Ok. Thanks for the responses guys. I will take up the suggestion and will ask the brewery. Wouldnt be surprised if it is US05, but only one way to find out. Will report back with what they say. 
Anthony


----------



## AJS2154 (10/4/16)

A quick update on the mystery of the yeast.

As per your suggestion, manticle, I sent an email to the Feral folk. A polite note saying I had thoroughly enjoyed the sly fox product, and noticed there was some yeast sediment in the bottle, would you mind telling me if that was the yeast used to ferment the product, or is it different for bottle conditioning. I didn't expect them to divulge their trade secrets, but a polite email back would be considered appropriate. Maybe they just ignore their consumers. No response.

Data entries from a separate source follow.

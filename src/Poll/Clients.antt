-- ===== src/Poll/Clients.antt =====
-- Serving a client keeps its slot well formed.
use smtp_course_work.Base.{
  ℕ, ◌≡◌, ◌⊎◌, inl, inr, refl, ap, ◌∙◌, Bool, true, false, Option, none, some, Bytes, if◌then◌else◌,
  arith, Bool-cases,
}
use smtp_course_work.Stailq.{Stailq}
use smtp_course_work.Kernel.{Call, returns, waits, aborts}
use smtp_course_work.Cnct.{CnctState, cnct_shut, cnct_open, cnct_wait, is_open}
use smtp_course_work.Cmds.{Vdb}
use smtp_course_work.Cnct.Lifetime.{Settled}
use smtp_course_work.Poll.{
  Slot, Served, Events, ClientReplies, unserved, client_input, client_output, client_rest,
  process_client, remove_connection,
}
use smtp_course_work.Poll.Slots.{IsSlot, Matches, remove_connection_lem}
use smtp_course_work.CnctIo.Keeps.{process_cnct_state}

pub removed-cases :
    (r : Call Bool) → (r ≡ returns true) ⊎ (r ≡ returns false) ⊎ (r ≡ waits) ⊎ (r ≡ aborts)
removed-cases (returns true) = inl refl
removed-cases (returns false) = inr (inl refl)
removed-cases waits = inr (inr (inl refl))
removed-cases aborts = inr (inr (inr refl))

Settled-open : (st : CnctState) (n : ℕ) → is_open st ≡ true → Settled st n
unfolding is_open
Settled-open cnct_shut n h = absurd (ground (arith, h))
Settled-open cnct_open n h = tt
Settled-open cnct_wait n h = absurd (ground (arith, h))

Matches-some :
    (f : Option ℕ) (fd : ℕ) (st : CnctState) → f ≡ some fd → is_open st ≡ true → Matches f st
Matches-some none fd st e h = absurd (ground (arith, e))
Matches-some (some g) fd st e h = h

module _ (sq : Stailq Bytes) where
  -- the slot of a client that is connected
  pub record IsConnected (s : Slot sq) : Type 0 where
    pub fd : ℕ
    pub has_fd : s.fd ≡ some fd
    pub opened : is_open s.cnct.state ≡ true

  IsConnected-IsSlot : (s : Slot sq) → IsConnected s → IsSlot sq s
  IsConnected-IsSlot s h = record {
    settled = record { settled = Settled-open s.cnct.state s.cnct.queue_cnt h.opened };
    matches = Matches-some s.fd h.fd s.cnct.state h.has_fd h.opened;
    idle = λ gone. absurd (ground (arith, gone, h.has_fd));
  }

  removed-IsSlot : (s : Slot sq) → IsConnected s → IsSlot sq (remove_connection sq s)
  removed-IsSlot s h = (remove_connection_lem sq s (IsConnected-IsSlot s h)).0

  module _ {S : Type 0} (vdb : Vdb S) where
    client_input-IsConnected :
        (k : ClientReplies) (s : Slot sq) (db : S)
        → IsConnected s
        → IsConnected (client_input sq vdb k s db).slot
    unfolding client_input
    client_input-IsConnected k s db h = record {
      fd = h.fd;
      has_fd = h.has_fd;
      opened =
          ap is_open (process_cnct_state vdb k.sends k.got_block k.received s.cnct db) ∙ h.opened;
    }

    client_output-IsConnected :
        (k : ClientReplies) (s : Slot sq) (db : S)
        → IsConnected s
        → IsConnected (client_output sq vdb k s db).slot
    unfolding client_output
    client_output-IsConnected k s db h = record { fd = h.fd; has_fd = h.has_fd; opened = h.opened }

    -- what the branch of POLLOUT leaves
    abbrev output_of : Events → ClientReplies → Served sq S → Served sq S
    output_of ev k p =
        if ev.writable
        then client_output sq vdb k p.slot p.db
        else unserved sq vdb false p.slot p.db

    output_of-IsConnected :
        (ev : Events) (k : ClientReplies) (p : Served sq S)
        → IsConnected p.slot
        → IsConnected (output_of ev k p).slot
    output_of-IsConnected ev k p h = elim (Bool-cases ev.writable) [
      | inl w ↦ rw w (client_output-IsConnected k p.slot p.db h)
      | inr w ↦ rw w h
    ]

    client_rest-IsSlot :
        (ev : Events) (k : ClientReplies) (p : Served sq S)
        → IsConnected p.slot
        → IsSlot sq (client_rest sq vdb ev k p).slot
    unfolding client_rest
    client_rest-IsSlot ev k p h =
        let q = output_of ev k p in
        let c = output_of-IsConnected ev k p h in
        elim (removed-cases p.removed) [
          | inl a ↦ rw (a, client_rest) (removed-IsSlot p.slot h)
          | inr (inr (inl a)) ↦ rw (a, client_rest) (IsConnected-IsSlot p.slot h)
          | inr (inr (inr a)) ↦ rw (a, client_rest) (IsConnected-IsSlot p.slot h)
          | inr (inl a) ↦ elim (removed-cases q.removed) [
            | inl b ↦ rw (a, b, client_rest) (removed-IsSlot q.slot c)
            | inr (inl b) ↦ rw (a, b, client_rest) (IsConnected-IsSlot q.slot c)
            | inr (inr (inl b)) ↦ rw (a, b, client_rest) (IsConnected-IsSlot q.slot c)
            | inr (inr (inr b)) ↦ rw (a, b, client_rest) (IsConnected-IsSlot q.slot c)
          ]
        ]

    -- Serving a connected client, whatever its events, what is received and what the kernel answers,
    -- leaves its slot well formed, also where the client is removed.
    pub process_client-IsSlot :
        (ev : Events) (k : ClientReplies) (s : Slot sq) (db : S)
        → IsConnected s
        → IsSlot sq (process_client sq vdb ev k s db).slot
    unfolding process_client
    process_client-IsSlot ev k s db h = elim (Bool-cases ev.closed) [
      | inl c ↦ rw c (client_rest-IsSlot ev k (unserved sq vdb true s db) h)
      | inr c ↦ elim (Bool-cases ev.readable) [
        | inl r ↦
            rw (c, r)
              (client_rest-IsSlot ev k (client_input sq vdb k s db)
                (client_input-IsConnected k s db h))
        | inr r ↦ rw (c, r) (client_rest-IsSlot ev k (unserved sq vdb false s db) h)
      ]
    ]
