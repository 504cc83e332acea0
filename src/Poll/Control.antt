-- ===== src/Poll/Control.antt =====
-- The requests of the control pipe, one after the other, against the slots that they name.
use smtp_course_work.Base.{
  ℕ, zero, suc, ◌+◌, ◌≤◌, ◌<◌, ◌≡◌, refl, ap, ◌∙◌, List, [], ◌∷◌, done, Bytes, length, ◌==◌,
  if◌then◌else◌, arith,
}
use smtp_course_work.Stailq.{Stailq}
use smtp_course_work.Kernel.{Call, returns, waits, aborts}
use smtp_course_work.Poll.{
  Slot, Answer, ControlRead, request, drained, failed, answer_at, process_control,
}
use smtp_course_work.Poll.Slots.{AllSlots}
use smtp_course_work.Poll.Answers.{answer_slot_lem}

-- how many of the requests before the pipe is drained name the slot
unfoldable pub asked : List ControlRead → ℕ → ℕ
asked [] i = 0
asked (drained ∷ rs) i = 0
asked (failed ∷ rs) i = 0
asked (request a ∷ rs) i = (if a.nfd == i then 1 else 0) + asked rs i

-- No read of the pipe fails before it is drained.
abbrev pub NoFailure : List ControlRead → Type 0
NoFailure [] = Unit
NoFailure (drained ∷ rs) = Unit
NoFailure (failed ∷ rs) = ⊥
NoFailure (request a ∷ rs) = NoFailure rs

module _ (sq : Stailq Bytes) where
  -- the answers that the client of a slot is owed
  unfoldable pub owed : List (Slot sq) → ℕ → ℕ
  owed [] i = 0
  owed (s ∷ slots) zero = s.cnct.queue_cnt
  owed (s ∷ slots) (suc i) = owed slots i

  -- Every request names a slot that is owed an answer.
  abbrev pub Owed : List ControlRead → List (Slot sq) → Type 0
  Owed rs slots = (i : ℕ) → asked rs i ≤ owed slots i

  abbrev Answered : List (Slot sq) → ℕ → List (Slot sq) → Type 0
  Answered slots k slots' =
      AllSlots sq slots'
      × (length slots' ≡ length slots)
      × ((i : ℕ) → owed slots' i + (if k == i then 1 else 0) ≡ owed slots i)

  Answered-first :
      (s s' : Slot sq) (slots : List (Slot sq))
      → s'.cnct.queue_cnt + 1 ≡ s.cnct.queue_cnt
      → (i : ℕ) → owed (s' ∷ slots) i + (if 0 == i then 1 else 0) ≡ owed (s ∷ slots) i
  unfolding owed
  Answered-first s s' slots h zero = h
  Answered-first s s' slots h (suc i) = ground arith

  same_index : (k i : ℕ) → (suc k == suc i) ≡ (k == i)
  same_index k i = ground arith

  Answered-next :
      (s : Slot sq) (slots slots' : List (Slot sq)) (k : ℕ)
      → ((i : ℕ) → owed slots' i + (if k == i then 1 else 0) ≡ owed slots i)
      → (i : ℕ) → owed (s ∷ slots') i + (if suc k == i then 1 else 0) ≡ owed (s ∷ slots) i
  unfolding owed
  Answered-next s slots slots' k h zero = ground arith
  Answered-next s slots slots' k h (suc i) = rw (same_index k i) (h i)

  answer_at_done :
      (a : Answer) (slots : List (Slot sq)) (k : ℕ)
      → AllSlots sq slots
      → 0 < owed slots k
      → (slots' : List (Slot sq)) × (answer_at sq a slots k ≡ done slots') × Answered slots k slots'
  unfolding answer_at owed
  answer_at_done a [] k v p = absurd (omega arith)
  answer_at_done a (s ∷ slots) zero v p =
      let r = answer_slot_lem sq a s v.0 p in
      (r.0 ∷ slots, rw (r.1, answer_at) refl, ((r.2, v.1), refl, Answered-first s r.0 slots r.4))
  answer_at_done a (s ∷ slots) (suc k) v p =
      let r = answer_at_done a slots k v.1 p in
      (
        s ∷ r.0,
        rw (r.1, answer_at) refl,
        ((v.0, r.2.0), ap suc r.2.1, Answered-next s slots r.0 k r.2.2),
      )

  asked_one :
      (a : Answer) (rs : List ControlRead) (slots : List (Slot sq))
      → Owed (request a ∷ rs) slots
      → 0 < owed slots a.nfd
  unfolding asked
  asked_one a rs slots h = let here = h a.nfd in ground arith

  Owed-rest :
      (a : Answer) (rs : List ControlRead) (slots slots' : List (Slot sq))
      → Owed (request a ∷ rs) slots
      → ((i : ℕ) → owed slots' i + (if a.nfd == i then 1 else 0) ≡ owed slots i)
      → Owed rs slots'
  unfolding asked
  Owed-rest a rs slots slots' h e i = omega (arith, h i, e i)

  -- what reading the pipe leaves: the slots, or a wait for the next request
  abbrev pub Controlled : List (Slot sq) → Call (List (Slot sq)) → Type 0
  Controlled slots (returns slots') = AllSlots sq slots' × (length slots' ≡ length slots)
  Controlled slots waits = Unit
  Controlled slots aborts = ⊥

  Controlled-length :
      (slots slots' : List (Slot sq)) (r : Call (List (Slot sq)))
      → length slots' ≡ length slots
      → Controlled slots' r
      → Controlled slots r
  Controlled-length slots slots' (returns t) e h = (h.0, h.1 ∙ e)
  Controlled-length slots slots' waits e h = tt
  Controlled-length slots slots' aborts e h = h

  -- From well-formed slots that are owed the answers that come, and where no read of the pipe fails, `process_control`
  -- never stops the process, and the slots that it returns are well formed and as many.
  pub process_control-Controlled :
      (rs : List ControlRead) (slots : List (Slot sq))
      → AllSlots sq slots
      → Owed rs slots
      → NoFailure rs
      → Controlled slots (process_control sq rs slots)
  unfolding process_control
  process_control-Controlled [] slots v h n = tt
  process_control-Controlled (drained ∷ rs) slots v h n = (v, refl)
  process_control-Controlled (failed ∷ rs) slots v h n = absurd n
  process_control-Controlled (request a ∷ rs) slots v h n =
      let r = answer_at_done a slots a.nfd v (asked_one a rs slots h) in
      rw (r.1, process_control)
        (Controlled-length slots r.0 (process_control sq rs r.0) r.2.1
          (process_control-Controlled rs r.0 r.2.0 (Owed-rest a rs slots r.0 h r.2.2) n))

Anyway life moves on. My son and I made the ultimate sacrifice in the name of science and we settled in to drink some beers and collect the yeast sediment. Put it on a stirer plate and spun it for 48 hours. Visible fermentation well underway. I put it in my fermenting fridge with a brew that was underway, settled the sediment. This morning I decanted off 2 samples, and had a taste of the beer......very strong wheat yeast aroma and flavour. Maybe a Belgian Witbier??

Its been a fun experiment. I will make a light wheat style / summer beer and see what happens. Any recipe suggestions will be gratefully accepted.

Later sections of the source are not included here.